- New Concord Location within the state of Kentucky New Concord New Concord (the United States)
- Coordinates: 36°32′54″N 88°9′17″W﻿ / ﻿36.54833°N 88.15472°W
- Country: United States
- State: Kentucky
- County: Calloway
- Elevation: 413 ft (126 m)
- Time zone: UTC-6 (Central (CST))
- • Summer (DST): UTC-5 (CST)
- ZIP codes: 42076
- Area code: 270
- GNIS feature ID: 499305

= New Concord, Kentucky =

Unincorporated community in Kentucky, United States

New Concord is an unincorporated community in Calloway County, Kentucky, United States.

==History==
On March 2, 1836, a post office was opened at the site and it was named as being located at Humility, Kentucky.

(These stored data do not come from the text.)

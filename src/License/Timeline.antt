-- ===== src/License/Timeline.antt =====
-- The term of a license over time.
use perfect_match_qms.Prelude.{
  ℕ, ◌+◌, ◌≤◌, ◌<◌, ◌≡◌, Bool, true, false, Option, none, some, if◌then◌else◌, ◌⊎◌, ◌↔◌, arith,
}
use perfect_match_qms.License.Term.{
  LicenseState, valid, expiring, expired, not_yet_valid, is_early, term_state, thirty_days,
  is_temporal, effective_temporal_state, is_usable,
}

-- The license has begun: it has no start, or its start has come.
abbrev pub HasBegun : Option ℕ → ℕ → Type 0
HasBegun none now = Unit
HasBegun (some t) now = t ≤ now

-- More than thirty days are left, at most thirty, or none.
abbrev pub HasMonth : Option ℕ → ℕ → Type 0
HasMonth none now = Unit
HasMonth (some t) now = now + thirty_days < t

abbrev pub IsLastMonth : Option ℕ → ℕ → Type 0
IsLastMonth none now = ⊥
IsLastMonth (some t) now = (now < t) × (t ≤ now + thirty_days)

abbrev pub IsOver : Option ℕ → ℕ → Type 0
IsOver none now = ⊥
IsOver (some t) now = t ≤ now

-- When a license is in each of the four states of its term.
abbrev pub InPhase : Option ℕ → Option ℕ → Bool → ℕ → LicenseState → Type 0
InPhase start end perpetual now not_yet_valid = ¬ HasBegun start now
InPhase start end perpetual now valid = HasBegun start now × ((perpetual ≡ true) ⊎ HasMonth end now)
InPhase start end perpetual now expiring =
    HasBegun start now × (perpetual ≡ false) × IsLastMonth end now
InPhase start end perpetual now expired = HasBegun start now × (perpetual ≡ false) × IsOver end now
InPhase start end perpetual now _ = ⊥

-- The state of a license that is stored in a state of its term.
abbrev term : Option ℕ → Option ℕ → Bool → ℕ → LicenseState
term start end perpetual now =
    if is_early start now then not_yet_valid else if perpetual then valid else term_state end now

term→InPhase :
    (start end : Option ℕ) (perpetual : Bool) (now : ℕ) (s : LicenseState)
    → term start end perpetual now ≡ s
    → InPhase start end perpetual now s
term→InPhase none none true now valid h = grind arith
term→InPhase _ _ _ now _ h = grind arith

InPhase→term :
    (start end : Option ℕ) (perpetual : Bool) (now : ℕ) (s : LicenseState)
    → InPhase start end perpetual now s
    → term start end perpetual now ≡ s
InPhase→term none none true now valid h = grind arith
InPhase→term _ _ _ now _ h = grind arith

-- A license stored in a state of the term is in a state exactly when it is in that state's phase: not
-- yet valid before its start, valid while perpetual, without an end or over thirty days before it, then
-- expiring, and expired from its end on.
pub effective_iff :
    (stored : LicenseState) (start end : Option ℕ) (perpetual : Bool) (now : ℕ) (s : LicenseState)
    → is_temporal stored ≡ true
    → (effective_temporal_state stored start end perpetual now ≡ s)
      ↔ InPhase start end perpetual now s
unfolding effective_temporal_state
effective_iff stored start end perpetual now s t = (
  λ h. term→InPhase start end perpetual now s (rw t at h),
  λ h. rw t (InPhase→term start end perpetual now s h),
)

-- The order in which the states of a term follow one another.
abbrev pub rank : LicenseState → ℕ
rank not_yet_valid = 0
rank valid = 1
rank expiring = 2
rank expired = 3
rank _ = 4

-- Time moves a license only forward: it never returns to an earlier state of its term.
pub effective_mono :
    (stored : LicenseState) (start end : Option ℕ) (perpetual : Bool) (now later : ℕ)
    → now ≤ later
    → rank (effective_temporal_state stored start end perpetual now)
      ≤ rank (effective_temporal_state stored start end perpetual later)
unfolding effective_temporal_state
effective_mono stored start end perpetual now later h = ground arith

usable→begun :
    (stored : LicenseState) (start end : Option ℕ) (perpetual : Bool) (now : ℕ)
    → is_usable (effective_temporal_state stored start end perpetual now) ≡ true
    → (is_temporal stored ≡ true) × HasBegun start now × ((perpetual ≡ true) ⊎ (¬ IsOver end now))
unfolding effective_temporal_state
usable→begun valid none none true now h = grind arith
usable→begun _ _ _ _ now h = grind arith

begun→usable :
    (stored : LicenseState) (start end : Option ℕ) (perpetual : Bool) (now : ℕ)
    → is_temporal stored ≡ true
    → HasBegun start now
    → (perpetual ≡ true) ⊎ (¬ IsOver end now)
    → is_usable (effective_temporal_state stored start end perpetual now) ≡ true
unfolding effective_temporal_state
begun→usable valid none none true now t b e = grind arith
begun→usable _ _ _ _ now t b e = grind arith

-- A license authorizes capacity exactly when it is stored in a state of its term, its start has come,
-- and it is perpetual or its end has not come.
pub usable_iff :
    (stored : LicenseState) (start end : Option ℕ) (perpetual : Bool) (now : ℕ)
    → (is_usable (effective_temporal_state stored start end perpetual now) ≡ true) ↔ (
        (is_temporal stored ≡ true)
        × HasBegun start now
        × ((perpetual ≡ true) ⊎ (¬ IsOver end now)))
usable_iff stored start end perpetual now = (
  usable→begun stored start end perpetual now,
  λ (t, b, e). begun→usable stored start end perpetual now t b e,
)
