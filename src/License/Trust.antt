-- ===== src/License/Trust.antt =====
-- What an accepted license document has been checked to be, and by which registry.
use perfect_match_qms.Prelude.{
  ℕ, ◌≡◌, refl, sym, ap, ◌∙◌, true, false, String, Option, some, if◌then◌else◌, ◌⊎◌, inl, inr,
  Bool-cases,
}
use perfect_match_qms.License.Term.{valid, effective_temporal_state}
use perfect_match_qms.License.Document.{
  Json, Payload, get, truthy, text_is, is_demo_qa_key_id, Checked, accept, reject, expect,
  registry_unavailable, ◌>>=◌, key_not_approved, Upload, parsed, undecodable, unparsable, shapeless,
  Registry, Primitives, License, check_fields, check_authority, check_environment,
  validate_document, retry, validate_runtime_document,
}
use perfect_match_qms.License.Checking.{
  expect-eq-accept, IsWellFormed, IsSigned, IsAtHome, IsTerm, check_fields-IsWellFormed,
  check_authority-IsSigned, check_environment-IsAtHome, read_terms-state, >>-eq-accept,
  >>=-eq-accept,
}

-- What an accepted document is: a well-formed payload, signed by an approved key, for this
-- environment, with the dates that the payload names and the state that they give it now.
pub record IsGenuine (prim : Primitives) (keys : Registry) (environment : Option String) (now : ℕ)
    (u : Upload) (l : License) : Type 0 where
  pub signature : Json
  pub source : u ≡ parsed l.payload signature
  pub well_formed : IsWellFormed l.payload
  pub signed : IsSigned prim keys l.payload signature
  pub at_home : IsAtHome environment l.payload
  pub dated : IsTerm prim l.payload l
  pub current :
      l.state
      ≡ effective_temporal_state valid l.not_before l.expires_at
          (truthy (get "perpetual" l.payload))
          now

-- A document that `validate_document` accepts has all the required fields with positive limits, is
-- signed under the key that the registry given approves for its key id, with the Demo/QA scope just
-- where that key id is a Demo/QA one, and names the environment expected; the license's dates
-- are those that the payload's `not_before`, `expires_at` and `issued_at` name, and its state is the
-- one that they give it now.
pub validate_document-IsGenuine :
    (prim : Primitives) (u : Upload) (environment : Option String) (keys : Option Registry)
    (now : ℕ) (l : License)
    → validate_document prim u environment keys now ≡ accept l
    → (r : Registry) × (keys ≡ some r) × IsGenuine prim r environment now u l
unfolding validate_document
validate_document-IsGenuine prim undecodable environment keys now l h = cc
validate_document-IsGenuine prim unparsable environment keys now l h = cc
validate_document-IsGenuine prim shapeless environment keys now l h = cc
validate_document-IsGenuine prim (parsed p signature) environment keys now l h =
    let (fields, h1) = >>-eq-accept (check_fields p) _ h in
    let (authority, h2) = >>-eq-accept (check_authority prim keys p signature) _ h1 in
    let (home, h3) = >>-eq-accept (check_environment environment p) _ h2 in
    let (same, dated, state) = read_terms-state prim p signature now l h3 in
    let (r, e, signed) = check_authority-IsSigned prim keys p signature authority in
    (
      r,
      e,
      record {
        signature = signature;
        source = ap (λ q. parsed q signature) (sym same);
        well_formed = rw same (check_fields-IsWellFormed p fields);
        signed = rw same signed;
        at_home = rw same (check_environment-IsAtHome environment p home);
        dated = rw same dated;
        current = rw same state;
      },
    )

parsed-injective : {p q : Payload} {s t : Json} → parsed p s ≡ parsed q t → p ≡ q
parsed-injective e = cc

retry-cases :
    (prim : Primitives) (u : Upload) (environment : Option String) (demo : Option Registry)
    (now : ℕ) (first : Checked License) (l : License)
    → retry prim u environment demo now first ≡ accept l
    → (first ≡ accept l)
      ⊎ ((p : Payload) × (s : Json) × (u ≡ parsed p s)
          × (is_demo_qa_key_id (get "key_id" p) ≡ true)
          × (validate_document prim u environment demo now ≡ accept l))
unfolding retry
retry-cases prim (parsed p s) environment demo now (reject key_not_approved) l h =
    elim (Bool-cases (is_demo_qa_key_id (get "key_id" p))) [
      | inl d ↦
          let (keys, known, again) =
            >>=-eq-accept (expect demo registry_unavailable) _ (demo_branch d h) in
          inr (p, s, refl, d, rw (expect-eq-accept demo _ known) again)
      | inr d ↦ inl (no_branch d h)
    ]
  where
    again_with : Registry → Checked License
    again_with keys = validate_document prim (parsed p s) environment (some keys) now

    demo_branch :
        is_demo_qa_key_id (get "key_id" p) ≡ true
        → (if is_demo_qa_key_id (get "key_id" p)
            then (expect demo registry_unavailable >>= again_with)
            else reject key_not_approved)
          ≡ accept l
        → (expect demo registry_unavailable >>= again_with) ≡ accept l
    demo_branch d e = rw d at e

    no_branch :
        is_demo_qa_key_id (get "key_id" p) ≡ false
        → (if is_demo_qa_key_id (get "key_id" p)
            then (expect demo registry_unavailable >>= again_with)
            else reject key_not_approved)
          ≡ accept l
        → reject key_not_approved ≡ accept l
    no_branch d e = rw d at e
retry-cases prim _ environment demo now _ l h = inl h

-- The server accepts a license only if it is genuine under the standard registry, or its key is a
-- Demo/QA one and it is genuine under the Demo/QA registry and carries the signed scope demo-qa. So
-- no entry of the Demo/QA registry can vouch for any other key.
pub validate_runtime_document-IsGenuine :
    (prim : Primitives) (u : Upload) (environment : Option String) (standard demo : Option Registry)
    (now : ℕ) (l : License)
    → validate_runtime_document prim u environment standard demo now ≡ accept l
    → ((r : Registry) × (standard ≡ some r) × IsGenuine prim r environment now u l)
      ⊎ ((is_demo_qa_key_id (get "key_id" l.payload) ≡ true)
          × (text_is "demo-qa" (get "deployment_scope" l.payload) ≡ true)
          × ((r : Registry) × (demo ≡ some r) × IsGenuine prim r environment now u l))
unfolding validate_runtime_document
validate_runtime_document-IsGenuine prim u environment standard demo now l h =
    elim (retry-cases prim u environment demo now
      (validate_document prim u environment standard now) l h) [
        | inl first ↦ inl (validate_document-IsGenuine prim u environment standard now l first)
        | inr (p, s, e, d, again) ↦
            let (r, known, genuine) =
              validate_document-IsGenuine prim u environment demo now l again in
            let same = parsed-injective (sym genuine.source ∙ e) in
            let is_demo = rw (← same) at d in
            inr (is_demo, genuine.signed.demo_scope is_demo, (r, known, genuine))
      ]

Settlers from Concord, North Carolina came to the area in the late 1830s and renamed Humility to Concord in 1835. The post office was renamed New Concord in 1861 because there was already a Concord, Kentucky in Lewis County. Thus after existing as Concord since 1835, the community was incorporated with the new name of New Concord in 1868.

Fort Heiman, a Confederate gun emplacement constructed during the Battle of Fort Henry, is one and a half miles southeast of the community and is part of Fort Donelson National Battlefield.

In 1955, the New Concord community received international recognition from Hollywood with that year's release of the Burt Lancaster directed and also top role performed film The Kentuckian (1955 film) a historical film project which portrayed 1820s Kentucky. Much of that film's content took place in a community named Humility, a former name for New Concord, as the film's lead role awaited the arrival of river transportation from Kentucky to Texas.